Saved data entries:
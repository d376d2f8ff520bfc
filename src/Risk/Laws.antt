-- ===== src/Risk/Laws.antt =====
-- Proofs about risk/: the guards and their combination.
use mt5_mcp_trading_framewor.Common.{
  ℕ, ◌<◌, ◌≡◌, ◌↔◌, refl, true, false, List, [], ◌∷◌, ◌++◌, arith, length, All, Option-cases, inl,
  inr,
}
use mt5_mcp_trading_framewor.Common.Outcome.{ok}
use mt5_mcp_trading_framewor.Float.{Float, IsOrdered, IsArith, ◌⊕◌, ◌⊗◌, ◌≼◌, nought}
use mt5_mcp_trading_framewor.Domain.{Side, OrderState, PositionState, RiskDecision, Reason}
use mt5_mcp_trading_framewor.Risk.Defs.{
  ExposureCaps, all_reasons, first_rejection, combine, exceeds, check_exposure_cap, is_near,
  duplicate_scan, check_duplicate_order, check_position_limit,
}
use mt5_mcp_trading_framewor.Risk.DailyLoss.{DailyLossLimitConfig, check_daily_loss_limit}

module _ {F : Type 0} where
  abbrev pub IsApproved : RiskDecision F → Type 0
  IsApproved d = d.approved ≡ true

  first_rejection-IsApproved :
      (rs : List (Reason F)) (ds : List (RiskDecision F))
      → IsApproved (first_rejection rs ds) ↔ All IsApproved ds
  unfolding first_rejection
  first_rejection-IsApproved rs [] = ground arith
  first_rejection-IsApproved rs (d ∷ ds) = ground (arith, first_rejection-IsApproved rs ds)

  first_rejection-reasons :
      (rs : List (Reason F)) (ds : List (RiskDecision F)) → (first_rejection rs ds).reasons ≡ rs
  unfolding first_rejection
  first_rejection-reasons rs [] = refl
  first_rejection-reasons rs (d ∷ ds) = ground (arith, first_rejection-reasons rs ds)

  -- A combination is approved exactly when every decision in it is, and carries all their reasons in
  -- order either way.
  pub combine_iff :
      (ds : List (RiskDecision F)) {r : RiskDecision F}
      → combine ds ≡ ok r
      → (IsApproved r ↔ All IsApproved ds) × (r.reasons ≡ all_reasons ds)
  unfolding combine
  combine_iff [] e = cc
  combine_iff (d ∷ ds) e = ground (
    arith,
    first_rejection-IsApproved (all_reasons (d ∷ ds)) (d ∷ ds),
    first_rejection-reasons (all_reasons (d ∷ ds)) (d ∷ ds),
  )

  first_rejection-append :
      (rs : List (Reason F)) (pre post : List (RiskDecision F)) (d : RiskDecision F)
      → All IsApproved pre
      → d.approved ≡ false
      → first_rejection rs (pre ++ d ∷ post)
        ≡ record { approved = false; reasons = rs; blocking_guard = d.blocking_guard }
  unfolding first_rejection
  first_rejection-append rs [] post d h r = ground arith
  first_rejection-append rs (p ∷ pre) post d h r =
      ground (arith, first_rejection-append rs pre post d h.1 r)

  -- Behind approvals, the first rejection decides: its guard is the one that is named, whatever
  -- follows it.
  pub combine_first_rejection :
      (pre post : List (RiskDecision F)) (d : RiskDecision F)
      → All IsApproved pre
      → d.approved ≡ false
      → combine (pre ++ d ∷ post)
        ≡ ok (record {
          approved = false;
          reasons = all_reasons (pre ++ d ∷ post);
          blocking_guard = d.blocking_guard;
        })
  unfolding combine
  combine_first_rejection [] post d h r =
      ground (arith, first_rejection-append (all_reasons (d ∷ post)) [] post d h r)
  combine_first_rejection (p ∷ pre) post d h r =
      ground
        (arith, first_rejection-append (all_reasons (p ∷ (pre ++ d ∷ post))) (p ∷ pre) post d h r)

  -- The position limit approves exactly while fewer positions than the limit are open.
  pub check_position_limit_iff :
      (positions : List (PositionState F)) (n : ℕ)
      → IsApproved (check_position_limit positions n) ↔ (length positions < n)
  unfolding check_position_limit
  check_position_limit_iff positions n = ground arith

module _ {F : Type 0} ⦃f : Float F⦄ where
  -- An exposure is approved exactly when the total with the proposed volume exceeds neither of the
  -- caps that are set.
  pub check_exposure_cap_iff :
      (open_lots pending_lots proposed : F) (caps : ExposureCaps F)
      → IsApproved (check_exposure_cap open_lots pending_lots proposed caps) ↔ (
          (exceeds (open_lots ⊕ pending_lots ⊕ proposed) caps.max_open_lots ≡ false)
          × (exceeds (open_lots ⊕ pending_lots ⊕ proposed) caps.budget_max_lots ≡ false))
  unfolding check_exposure_cap
  check_exposure_cap_iff o p v caps = ground arith

  duplicate_scan_iff :
      (orders : List (OrderState F)) (side : Side) (price tolerance ticks : F)
      → IsApproved (duplicate_scan orders side price tolerance ticks)
        ↔ All (λ o. is_near side price tolerance o ≡ false) orders
  unfolding duplicate_scan
  duplicate_scan_iff [] side price tolerance ticks = ground arith
  duplicate_scan_iff (o ∷ os) side price tolerance ticks =
      ground (arith, duplicate_scan_iff os side price tolerance ticks)

  -- A price is approved exactly when no pending order of its side lies within `tol_ticks * point`.
  pub check_duplicate_order_iff :
      (orders : List (OrderState F)) (side : Side) (price point ticks : F)
      → IsApproved (check_duplicate_order orders side price point ticks)
        ↔ All (λ o. is_near side price (ticks ⊗ point) o ≡ false) orders
  unfolding check_duplicate_order
  check_duplicate_order_iff orders side price point ticks =
      duplicate_scan_iff orders side price (ticks ⊗ point) ticks

  module _ (ord : IsOrdered F) (ar : IsArith F) where
    -- Once the daily loss limit has tripped, every lower profit and loss figure that gets a decision
    -- trips it too.
    pub check_daily_loss_limit_mono :
        (pnl lower : F) (config : DailyLossLimitConfig F) {r s : RiskDecision F}
        → lower ≼ pnl
        → check_daily_loss_limit pnl config ≡ ok r
        → check_daily_loss_limit lower config ≡ ok s
        → r.approved ≡ false
        → s.approved ≡ false
    unfolding check_daily_loss_limit
    check_daily_loss_limit_mono pnl lower config h e e' t =
        elim (Option-cases config.max_daily_loss) [
          | inl off ↦ ground arith
          | inr (limit, on) ↦ ground (
            arith,
            ord.lt-eq-not-le lower nought,
            ord.lt-eq-not-le pnl nought,
            ord.le_trans nought lower pnl,
            ar.neg_anti lower pnl,
            ord.le_trans limit (f.neg pnl) (f.neg lower),
          )
        ]

    -- A figure that is not a loss never trips the limit, with a limit of zero included.
    pub check_daily_loss_limit_gain :
        (pnl : F) (config : DailyLossLimitConfig F) {r : RiskDecision F}
        → nought ≼ pnl
        → check_daily_loss_limit pnl config ≡ ok r
        → IsApproved r
    unfolding check_daily_loss_limit
    check_daily_loss_limit_gain pnl config h e = elim (Option-cases config.max_daily_loss) [
      | inl off ↦ ground arith
      | inr (limit, on) ↦ ground (arith, ord.lt-eq-not-le pnl nought)
    ]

#### [WHAT TO DO]
Only the number is required: state how many lines of the entries hold the word "tolerance".

#### [PROBLEM SOLUTION]
6